FIG. 1 is a half cross-sectional view of a mounted state showing a first form of a sealing device according to the present invention by cutting along a plane passing through an axis.

FIG. 2 is a diagram showing the results of measuring the amount of air taken in when four spiral grooves are formed on the seal flange of the slinger and when two spiral grooves are formed.

FIG. 3 is a half cross-sectional view of a mounted state in which a second mode of the sealing device according to the present invention is cut along a plane passing through an axis.

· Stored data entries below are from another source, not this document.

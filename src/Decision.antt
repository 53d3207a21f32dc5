-- ===== src/Decision.antt =====
-- pipelines/scoring/job_extension.py: the decision and the alert for one enriched transaction.
-- A score is a number of hundredths.
pub mod Outcome
pub mod Agreement
pub mod Shadow
use fraudstream.Prelude.{
  ℕ, suc, ◌+◌, String, Bool, true, false, ◌||◌, List, [], Option, none, some, if◌then◌else◌,
}
use fraudstream.Prelude.Int.{ℤ}
use fraudstream.Prelude.Results.{Result, ok, err}
use fraudstream.Prelude.Equality.{◌==◌, string_eq}
use fraudstream.Prelude.Dict.{get}
use fraudstream.Value.{Value, str, PyError, Record}
use fraudstream.Rules.Model.{RuleDefinition}
use fraudstream.Rules.Evaluator.{
  Determination, clean, suspicious, is_clean, EvaluationResult, dispatch,
}

pub data Decision : Type 0 where
  allow flag block : Decision

-- pipelines/scoring/types.py: FraudAlert
pub record FraudAlert : Type 0 where
  pub transaction_id : Value
  pub account_id : Value
  pub matched_rule_names : List String
  pub severity : String
  pub evaluation_timestamp : ℕ

-- pipelines/scoring/types.py: FraudDecision, whose shadow fields keep their default None here
pub record FraudDecision : Type 0 where
  pub transaction_id : Value
  pub decision : Decision
  pub fraud_score : ℕ
  pub rule_triggers : List String
  pub model_version : String
  pub decision_time_ms : ℕ
  pub latency_ms : ℕ
  pub schema_version : String

-- d.get(k, "")
abbrev pub get_or_empty : String → Record → Value
get_or_empty k d = elim (get k d) [ none ↦ str "" | some v ↦ v ]

-- result.highest_severity or "low"
abbrev pub severity_or_low : Option String → String
severity_or_low none = "low"
severity_or_low (some s) = if s == "" then "low" else s

abbrev pub is_severe : String → Bool
is_severe s = s == "high" || s == "critical"

abbrev pub decide : EvaluationResult → Decision
decide r =
    if is_clean r.determination
    then allow
    else if is_severe (severity_or_low r.highest_severity)
    then block
    else flag

abbrev pub score_of : Decision → ℕ
score_of allow = 0
score_of flag = 30
score_of block = 80

-- _build_fraud_decision
unfoldable pub build_fraud_decision : Record → EvaluationResult → FraudDecision
unfolding get
build_fraud_decision txn result = record {
  transaction_id = get_or_empty "transaction_id" txn;
  decision = decide result;
  fraud_score = score_of (decide result);
  rule_triggers = if is_clean result.determination then [] else result.matched_rules;
  model_version = "rule-only";
  decision_time_ms = result.evaluation_timestamp;
  latency_ms = 0;
  schema_version = "1";
}

unfoldable pub build_alert : Record → EvaluationResult → Option FraudAlert
unfolding get
build_alert txn result =
    if is_clean result.determination
    then none
    else some (record {
      transaction_id = get_or_empty "transaction_id" txn;
      account_id = get_or_empty "account_id" txn;
      matched_rule_names = result.matched_rules;
      severity = severity_or_low result.highest_severity;
      evaluation_timestamp = result.evaluation_timestamp;
    })

-- The decision where the evaluation raised.
unfoldable pub default_decision : Record → FraudDecision
unfolding get
default_decision txn = record {
  transaction_id = get_or_empty "transaction_id" txn;
  decision = allow;
  fraud_score = 0;
  rule_triggers = [];
  model_version = "rule-only";
  decision_time_ms = 0;
  latency_ms = 0;
  schema_version = "1";
}

pub record Evaluated : Type 0 where
  pub alert : Option FraudAlert
  pub decision : FraudDecision
  -- by how much evaluation_errors_total grew
  pub errors : ℕ

unfoldable pub handle_result : Record → Result PyError EvaluationResult → Evaluated
unfolding build_alert build_fraud_decision default_decision
handle_result txn (ok result) = record {
  alert = build_alert txn result;
  decision = build_fraud_decision txn result;
  errors = 0;
}
handle_result txn (err e) = record { alert = none; decision = default_decision txn; errors = 1 }

-- _evaluate
unfoldable pub evaluate : (String → Option ℤ) → List RuleDefinition → ℕ → Record → Evaluated
unfolding handle_result
evaluate decimal_text rules now txn = handle_result txn (dispatch decimal_text rules now txn).0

FIG. 4 is a half cross-sectional view of a third embodiment of the sealing device according to the present invention in a mounted state, cut along a plane passing through an axis.

FIG. 5 is a half cross-sectional view of a mounted state in which a sealing device according to a conventional technique is cut along a plane passing through an axis.

[Explanation of symbols]

1 Sealing device 11 metal rings 11a Cylindrical press-fitting section 11b Outer radial portion 11c Inner circumference taper 11d inner peripheral radial direction 12 Stationary seal ring 12a Gasket part 12b base 12c seal lip 12d Second seal lip 13 dust lip 14 Slinger 14a, 16a Cylindrical part 14b, 16b Seal flange 15 Cover (shield) 15a inner peripheral part 15b Lip part 16 Shield plate (shield) 16d seal tube 2 shaft hole housing 3 rotation axes A Inner space of seal lip O oil S Main seal part

Claims (3)

[Claims] 1. A stationary seal ring (12) having a seal lip (12c) fixed to a shaft hole housing (2) and in close contact with a rotating side, and said stationary seal ring (12).
A shield (1) located on the outer side of the machine and attached to the rotating shaft (3) and slidingly in close contact with the stationary seal ring (12).
5, 16), and a sealing device. 2. The shield (15) has a lip (15) on the outer periphery.
b) comprising a cover, said lip portion (15b)
Is in close contact with the metal ring (11) of the stationary seal ring (12) outside the dust lip (13) attached to the inner periphery of the stationary seal ring (12). The sealing device according to claim 1. 3. The shield (16) is made of a metal shield plate, and the stationary seal ring (12) is provided with a second seal lip (12d), and the shield plate comprises a stationary seal ring (12). The dust lip (1
The sealing device according to claim 1, wherein the sealing device slides in close contact with the second seal lip (12d) on the outer side of the unit 3).